PROBLEM DETAILS: Repeat each entry. Keep every line exactly as it is.

------ MATERIAL TO PROCESS

-- ===== src/Backend/Results/NoVectors.antt =====
-- Matching on PostgreSQL while no row has a vector (backend/app.py).
use frass_f.Base.{◌≡◌, true, false, none, some, Text, is_empty}
use frass_f.Base.Int.{ltb_ℤ}
use frass_f.Backend.State.{Backend, Env, Config}
use frass_f.Backend.Match.{
  Engine, no_row, match_pgvector, after_pgvector, answer, match_embedding, embedding_quality,
}
use frass_f.Backend.Results.{Result, after_match, process_result}

-- On PostgreSQL, while the vector search finds no row though embeddings are loaded, every live result
-- of sufficient quality raises: it is not matched by the linear scan, and nothing changes.
pub no_row_raises :
    {C E : Type 0} (K : Engine E) (cfg : Config) (result : Result E) (query : E) (device_id : Text)
    (env : Env) (b : Backend C E)
    → K.postgresql ≡ true
    → K.nearest query ≡ no_row
    → b.cache_loaded ≡ true
    → is_empty b.embedding_cache ≡ false
    → result.embedding ≡ some query
    → result.is_live ≡ true
    → ltb_ℤ (embedding_quality K query) cfg.min_embedding_quality ≡ false
    → process_result K cfg result device_id env b ≡ (none, b)
unfolding process_result match_embedding match_pgvector answer after_pgvector after_match
no_row_raises K cfg result query device_id env b postgres nothing loaded filled given live good =
    rw (given, live, good, loaded, filled, postgres, nothing)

------------

ANSWER TO THE EXERCISE:
-- ===== src/Backend/Results/NoVectors.antt =====
-- Matching on PostgreSQL while no row has a vector (backend/app.py).
use frass_f.Base.{◌≡◌, true, false, none, some, Text, is_empty}
use frass_f.Base.Int.{ltb_ℤ}
use frass_f.Backend.State.{Backend, Env, Config}
use frass_f.Backend.Match.{
  Engine, no_row, match_pgvector, after_pgvector, answer, match_embedding, embedding_quality,
}
use frass_f.Backend.Results.{Result, after_match, process_result}

-- On PostgreSQL, while the vector search finds no row though embeddings are loaded, every live result
-- of sufficient quality raises: it is not matched by the linear scan, and nothing changes.
pub no_row_raises :
    {C E : Type 0} (K : Engine E) (cfg : Config) (result : Result E) (query : E) (device_id : Text)
    (env : Env) (b : Backend C E)
    → K.postgresql ≡ true
    → K.nearest query ≡ no_row
    → b.cache_loaded ≡ true
    → is_empty b.embedding_cache ≡ false
    → result.embedding ≡ some query
    → result.is_live ≡ true
    → ltb_ℤ (embedding_quality K query) cfg.min_embedding_quality ≡ false
    → process_result K cfg result device_id env b ≡ (none, b)
unfolding process_result match_embedding match_pgvector answer after_pgvector after_match
no_row_raises K cfg result query device_id env b postgres nothing loaded filled given live good =
    rw (given, live, good, loaded, filled, postgres, nothing)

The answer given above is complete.